Ship the workflow-activation completion bytes back to Core. Synchronous; the underlying NIF call is in-process to Core (no network round-trip).
Long-poll for the next activity task on task_queue. Same shape as
poll_workflow_activation/1.
Long-poll for the next workflow activation on task_queue. Blocks
the caller until Core delivers an activation or the bridge worker
shuts down. The blocking work runs in a child Task under this
module's Task.Supervisor so the GenServer mailbox stays responsive.
Allocate a bridge worker for task_queue. Synchronous: returns
:ok once the underlying Bridge.worker_new/2 succeeds and the
handle is recorded in state. Returns {:error, reason} on NIF
failure or if task_queue is already registered.
Returns true iff a handle is currently registered for task_queue.
Used by poll loops to distinguish "registration in flight" (transient
retry) from "no worker should be polling" (exit).
Drop the handle for task_queue (calling Bridge.worker_shutdown/1
on the way out). Idempotent: unknown task_queue returns :ok.
Types
@type register_opts() :: [ namespace: String.t(), max_cached_workflows: pos_integer(), target_url: String.t(), max_outstanding_workflow_tasks: non_neg_integer(), max_outstanding_activities: non_neg_integer(), max_outstanding_local_activities: non_neg_integer() ]

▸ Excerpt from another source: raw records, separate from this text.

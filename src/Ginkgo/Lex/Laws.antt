-- ===== src/Ginkgo/Lex/Laws.antt =====
-- The tokens of ginkgo/src/lex.rs and the source they are read from.
pub mod Examples
use poplar.Prelude.{
  ℕ, zero, suc, ◌+◌, ◌-◌, ◌≤◌, ◌<◌, ◌≡◌, refl, sym, ap, ◌∙◌, subst, Bool, true, false, not, ◌&&◌,
  ◌||◌, Option, none, some, List, [], ◌∷◌, ◌++◌, ltb, leb, ◌==◌, if◌then◌else◌, Outcome, done,
  panic, ◌>>=◌, Bool-cases, Option-cases, ◌⊎◌, inl, inr, arith,
}
use poplar.Ginkgo.Lex.{
  decimal, integer, string, identifier, unexpected_char, no_floating_point_hex, TokenType, Token,
  Lex, LexError, Next, ended, lexed, wrong, crash, len_utf8, skip_bytes, take_bytes, slice,
  advanced, advance_loop, advance_while, advance_one, produce, lex_double, starts_with,
  lex_fraction, lex_number, number_base, is_digit, has_fraction, close_string, lex_string,
  lex_identifier, lex_literal, lex_char, single, double, lex_loop, is_whitespace, next_no_peeking,
  keyword, keywords,
}
use poplar.Ginkgo.Lex.Text.{bytes, len_pos, bytes-append, append_assoc, slice_lem, IsValid, Reads}
use poplar.Ginkgo.Lex.Reading.{
  Reading, advanced-Reading, advance_loop-Reading, advance_one-Reading, Reading-IsValid,
  Reading-slice, Reading-further, produce-Reads,
}
use poplar.Ginkgo.Lex.Tokens.{double-Reads, number-Reads, identifier-Reads, string-Reads}

later :
    (source : List ℕ) (from from' : ℕ) (r : Next)
    → from ≤ from'
    → Reads source from' r
    → Reads source from r
later source from from' (ended lex) h r = r
later source from from' (lexed token lex) h (valid, text, low, fits, further) =
    (valid, text, omega (arith, h, low), fits, omega (arith, h, further))
later source from from' (wrong e lex) h (valid, further) = (valid, omega (arith, h, further))
later source from from' crash h r = r

module _ (xid_start xid_continue : ℕ → Bool) (source : List ℕ) where
  literal-Reads :
      (from c : ℕ) (lex : Lex)
      → Reading source from (c ∷ []) lex
      → Reads source from (lex_literal xid_start xid_continue c lex)
  literal-Reads from c lex h =
      let pos : 0 < bytes (c ∷ []) = ground arith in
      elim (Bool-cases (is_digit 10 c)) [
        | inl on ↦ rw (on) (number-Reads source from (c ∷ []) c lex pos h)
        | inr off ↦ elim (Bool-cases (c == 34)) [
          | inl quote ↦
              let is_quote : c ≡ 34 = ground (arith, quote) in
              rw (off, quote)
                (string-Reads source from lex
                  (subst (λ q. Reading source from (q ∷ []) lex) is_quote h))
          | inr other ↦ elim (Bool-cases (xid_start c || (c == 95))) [
            | inl name ↦
                rw (off, other, name)
                  (identifier-Reads source from (c ∷ []) xid_start xid_continue lex pos h)
            | inr unknown ↦
                rw (off, other, unknown)
                  (
                    Reading-IsValid source from (c ∷ []) lex h,
                    Reading-further source from (c ∷ []) lex pos h,
                  )
          ]
        ]
      ]

  char-Reads :
      (from c : ℕ) (lex : Lex)
      → Reading source from (c ∷ []) lex
      → Reads source from (lex_char xid_start xid_continue c lex)
  unfolding lex_char
  char-Reads from c lex h =
      let pos : 0 < bytes (c ∷ []) = ground arith in
      elim (Option-cases (single c)) [
        | inr (typ, e) ↦ rw (e, lex_char) (produce-Reads source from (c ∷ []) typ lex pos h)
        | inl e ↦ elim (Option-cases (double c)) [
          | inr ((second, both, one), e') ↦
              rw (e, e', lex_char) (double-Reads source from (c ∷ []) second both one lex pos h)
          | inl e' ↦ rw (e, e', lex_char) (literal-Reads from c lex h)
        ]
      ]

  loop-Reads :
      (cs : List ℕ) (lex : Lex)
      → lex.stream ≡ cs
      → IsValid source lex
      → Reads source lex.offset (lex_loop xid_start xid_continue cs lex)
  loop-Reads [] lex e valid = (valid, e)
  loop-Reads (c ∷ rest) lex e (before, same, split, offset) =
      let begun = record lex { start_offset = lex.offset; current_length = 0 } in
      let l = advanced c rest begun in
      let h : Reading source lex.offset (c ∷ []) l = (
        before,
        [],
        same,
        split ∙ ap (λ s. before ++ s) e,
        offset,
        omega arith,
        omega (arith, offset),
        omega (arith, offset),
      ) in
      let next_valid = Reading-IsValid source lex.offset (c ∷ []) l h in
      elim (Bool-cases (is_whitespace c)) [
        | inl on ↦ rw (on) (
            later source lex.offset l.offset (lex_loop xid_start xid_continue rest l) (omega arith)
              (loop-Reads rest l refl next_valid))
        | inr off ↦ rw (off) (char-Reads lex.offset c l h)
      ]

  -- From a lexer that stands between two characters of the source, `next_no_peeking` never panics,
  -- and the lexer stands between two characters again. Either it ends, which it does only at the
  -- end of the source; or there is an error, and the lexer is further; or there is a token, whose
  -- offset is not before the lexer's place, whose end is not behind the lexer's new place, which
  -- is further, and whose slice of the source exists, so that `token_value` can take it.
  pub next_no_peeking-Reads :
      (lex : Lex)
      → IsValid source lex
      → Reads source lex.offset (next_no_peeking xid_start xid_continue lex)
  unfolding next_no_peeking
  next_no_peeking-Reads lex valid = loop-Reads lex.stream lex refl valid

Options accepted by register_worker/2.
@type state() :: %{ handles: %{optional(String.t()) => reference()}, pending_registrations: MapSet.t(String.t()), register_opts: %{optional(String.t()) => register_opts()}, pollers: %{optional(pid()) => {String.t(), reference()}}, recycling: MapSet.t(String.t()), task_sup: pid(), completion_active: MapSet.t(String.t()), completion_queue: %{optional(String.t()) => :queue.queue({term(), binary()})} }
Internal state.
Functions
Returns a specification to start this module under a supervisor.
See Supervisor.
Ship the activity-task completion bytes back to Core. Same shape as
complete_workflow_activation/2.
Ship the workflow-activation completion bytes back to Core. Synchronous; the underlying NIF call is in-process to Core (no network round-trip).
Long-poll for the next activity task on task_queue. Same shape as
poll_workflow_activation/1.
Long-poll for the next workflow activation on task_queue. Blocks
the caller until Core delivers an activation or the bridge worker
shuts down. The blocking work runs in a child Task under this
module's Task.Supervisor so the GenServer mailbox stays responsive.
@spec register_worker(String.t(), register_opts()) :: :ok | {:error, term()}
Allocate a bridge worker for task_queue. Synchronous: returns
:ok once the underlying Bridge.worker_new/2 succeeds and the
handle is recorded in state. Returns {:error, reason} on NIF
failure or if task_queue is already registered.
Returns true iff a handle is currently registered for task_queue.
Used by poll loops to distinguish "registration in flight" (transient
retry) from "no worker should be polling" (exit).
@spec start_link(keyword()) :: GenServer.on_start()
@spec unregister_worker(String.t()) :: :ok
Drop the handle for task_queue (calling Bridge.worker_shutdown/1
on the way out). Idempotent: unknown task_queue returns :ok.
After this call any in-flight Bridge.worker_poll_* against the
shutdown handle will return {:error, %Bridge.Error{kind: :shutdown}},
which is the contract the poll loops use to exit :normal.